# Nette Popping Kombo



## Mike85 (19. November 2010)

Hey Jungs!

Bin im Bereich Big Game ein absoluter Neuling. Da ich das Spinnfischen jedoch liebe und ich immer offen für was Neues bin suche ich nach ner netten Salzwasser Kombo für GT´s und andere ähnliche Räuber der Meere. 

Ich habe eine Stella 18000SW hier liegen. Nun suche ich nach der passenden Rute sowie Schnur, Vofach und natürlich "gute" Kleinteile. es soll alles perfekt zusammenpassen. Will diese Kombo auf meine Reisen auf die Malediven,Ägypten,Afrika etc. immer dabei haben. Somit wäre eine Teilung zum besseren Transport sinnvoll. Gefischt werden sollen Kunstköder wie GT Popper, große Twitch- sowie Jerkbaits. Es wäre gut wenn die Rute zudem eine "Kreuz" Abschlusskappe (heißt das Ding so? #t) hat. Denke die optimale Länge liegt bei mir so bei 2,7m da ich selbst auch nicht gerade groß bin.

Ich hoffe Ihr könnt mir weiterhelfen.


----------



## Jetblack (19. November 2010)

*AW: Nette Popping Kombo*

2,70 ist zu lang, aus  Du meiner Sicht. Da stirbst einen langsamen, qualvollen Tod, wenn mal was ordentliches beisst 

Ich hab mir kürzlich mal die SHIMANO CARANX KAIBUTSU STC angesehen, die macht einen recht tauglichen Eindruck und ist von der Packlänge sehr komfortabel. Ein Bekannter hat die, ist aber grade wohl auf Fiji, also hab ich noch keine Erfahrungsberichte von ihm.

Ansonsten gibt's die üblichen Verdächtigen (je nach Geldbeutel).... Fisherman, Carpenter, Zenaq, Smith, Majorcraft, Tenryu.

Wobei auch schon Leute mit Penn Oceanfighter und Sportex angetreten sind und Spass hatten.

Wg. Majorcraft unf Tenryu kannst Du mal bei Fabian von www.nippon-tackle.com anfragen.

Oder Du lässt Dir was bauen  
Ich hab eine CTS Popper Pro (Custom Made 248cm, mittig geteilt) für die grossen Popper und eine Tenryu Tuna Spike 8'6'' (Griffteilung) für die leichteren Dinge.

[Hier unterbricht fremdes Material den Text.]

-- ===== src/Limits/Requests.antt =====
-- `RateLimiter.check_rate_limit` of src/rra/api/rate_limiter.py.
use rra_module.Prelude.{
  ℕ, ◌+◌, ◌/◌, Bool, true, false, not, Option, none, some, [], ◌∷◌, ◌++◌, Text, text_key, ◌==◌,
  same_number, if◌then◌else◌, take, any,
}
use rra_module.Limits.Backend.{second, Backend}
use rra_module.Limits.Limiters.{acquire, check, starts_with, RateLimitConfig, RateLimiter}

-- What a request shows: a header that is missing is the empty text, as for `headers.get`.
pub record Request : Type 0 where
  pub path : Text
  pub api_key : Text
  pub host : Option Text
  pub forwarded : Text

-- `text.split(",")[0]`
abbrev pub before_comma : Text → Text
before_comma [] = []
before_comma (c ∷ text) = let rest = before_comma text in if same_number c 44 then [] else c ∷ rest

-- "api:", "ip:" and "unknown"
abbrev pub api_prefix : Text
api_prefix = 97 ∷ 112 ∷ 105 ∷ 58 ∷ []

abbrev pub ip_prefix : Text
ip_prefix = 105 ∷ 112 ∷ 58 ∷ []

abbrev pub unknown_host : Text
unknown_host = 117 ∷ 110 ∷ 107 ∷ 110 ∷ 111 ∷ 119 ∷ 110 ∷ []

-- "bucket:", "minute:", "hour:" and "day:"
abbrev pub bucket_prefix : Text
bucket_prefix = 98 ∷ 117 ∷ 99 ∷ 107 ∷ 101 ∷ 116 ∷ 58 ∷ []

abbrev pub minute_prefix : Text
minute_prefix = 109 ∷ 105 ∷ 110 ∷ 117 ∷ 116 ∷ 101 ∷ 58 ∷ []

abbrev pub hour_prefix : Text
hour_prefix = 104 ∷ 111 ∷ 117 ∷ 114 ∷ 58 ∷ []

abbrev pub day_prefix : Text
day_prefix = 100 ∷ 97 ∷ 121 ∷ 58 ∷ []

-- The numbers that the headers print. The last is missing where the request passes.
pub record Headers : Type 0 where
  pub limit : ℕ
  pub remaining : ℕ
  pub reset : ℕ
  pub retry_after : Option ℕ

abbrev pub refused : ℕ → ℕ → ℕ → Headers
unfolding second
refused limit retry now = record {
  limit = limit;
  remaining = 0;
  reset = now / second + retry;
  retry_after = some retry;
}

-- `hexdigest` is that of SHA-256, `strip` the method of str.
module _ (hexdigest strip : Text → Text) where
  unfoldable pub get_client_key : Request → Text
  get_client_key r =
      if not (r.api_key == [])
      then api_prefix ++ take 16 (hexdigest r.api_key)
      else ip_prefix
        ++ (if not (r.forwarded == [])
            then strip (before_comma r.forwarded)
            else elim r.host [ none ↦ unknown_host | some ip ↦ ip ])

  -- The checks behind the token bucket.
  unfoldable pub check_windows :
      RateLimitConfig → Text → ℕ → RateLimiter → Backend → Backend × (Bool × Headers)
  unfolding second check
  check_windows c client now m b =
      let (b_minute, minute) = check m.minute_limiter (minute_prefix ++ client) now b in
      let (b_hour, hour) = check m.hour_limiter (hour_prefix ++ client) now b_minute in
      let (b_day, daily) = check m.day_limiter (day_prefix ++ client) now b_hour in
      if not minute.allowed
      then (b_minute, (false, refused c.requests_per_minute minute.retry_after now))
      else if not hour.allowed
      then (b_hour, (false, refused c.requests_per_hour hour.retry_after now))
      else if not daily.allowed
      then (b_day, (false, refused c.requests_per_day daily.retry_after now))
      else (
        b_day,
        (
          true,
          record {
            limit = c.requests_per_minute;
            remaining = minute.remaining;
            reset = now / second + 60;
            retry_after = none;
          },
        ),
      )

  -- Without headers for an exempt path; `none` where the token bucket raises.
  unfoldable pub check_rate_limit :
      Request → ℕ → RateLimiter → RateLimiter × Option (Bool × Option Headers)
  unfolding acquire get_client_key check_windows
  check_rate_limit r now m =
      if any (λ exempt. starts_with exempt r.path) m.config.exempt_paths
      then (m, some (true, none))
      else let client = get_client_key r in
        let (b, bucket) = acquire m.token_bucket (bucket_prefix ++ client) 1 now m.backend in
        let (b', answer) = check_windows m.config client now m b in
        elim bucket [
          | none ↦ (record m { backend = b }, none)
          | some v ↦
              if not v.allowed
              then (
                record m { backend = b },
                some (false, some (refused m.config.burst_size v.retry_after now)),
              )
              else (record m { backend = b' }, some (answer.0, some answer.1))
        ]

Schnur: wo immer Du drauf vertraust in 60-80 lbs!
Vorfach: 1mm aufwärts, Fluoro oder normales Mono
Sprengringe: das beste was der Markt hergibt, und was noch in die Öse des Köders passt (das ist manchmal nicht einfacht)
Popper: die von Thomas Heidhoff sind sehr fängig (www.xhoff.de ..blöderweise ist die Seite gerade (19.11.10|10:53) nicht ordentlich erreichbar)

Ansonsten liefert die Suchfunktion noch einige Ergebnisse ... oder du Schaust bei den Big Gamer rein, die befassen sich deutlich öfters mit derartigen Themen ->www.big-game-board.info .

Gruss Jetblack


----------



## Mike85 (19. November 2010)

*AW: Nette Popping Kombo*

Vielen Dank schonmal für deine Antwort. Hilft mir auf jeden Fall schon weiter. Die Shimano gefällt mir allerdings garnicht. 2-teilig reicht mir völlig. 

Bei der Schnur dachte ich an eine 80lbs Power Pro in gelb.

Welches Flouro sollte ich nehmen? Gibt es da nen Netten Hersteller?

Auf die Popper Xhoff bin ich schon durchs Forum aufmerksam geworden. Werd die Köder allerdings als letztes Bestellen. Erst die Kombo, dann der Rest.


Hast du evtl. ein Bild von deiner Custom Made? Was hast Du ungefähr dafür bezahlt??


Was haltet Ihr von der Tuna Sniper Weitwurf Popperrute 60-80lbs???


Grüße


----------



## Jetblack (19. November 2010)

*AW: Nette Popping Kombo*

Ich hab eingentlich nur gute Erfahrungen mit den STC Ruten von Shimano, dennoch war ich in Anbetracht der heftigen Belastungen beim Poppern auch eher zurückhaltend ...dann hab ich mir die beim Händler angesehen und hatte schon ein deutlich besseres Gefühl.

Power Pro passt schon ..ich hab die 65 lbs in weiss auf der Rolle.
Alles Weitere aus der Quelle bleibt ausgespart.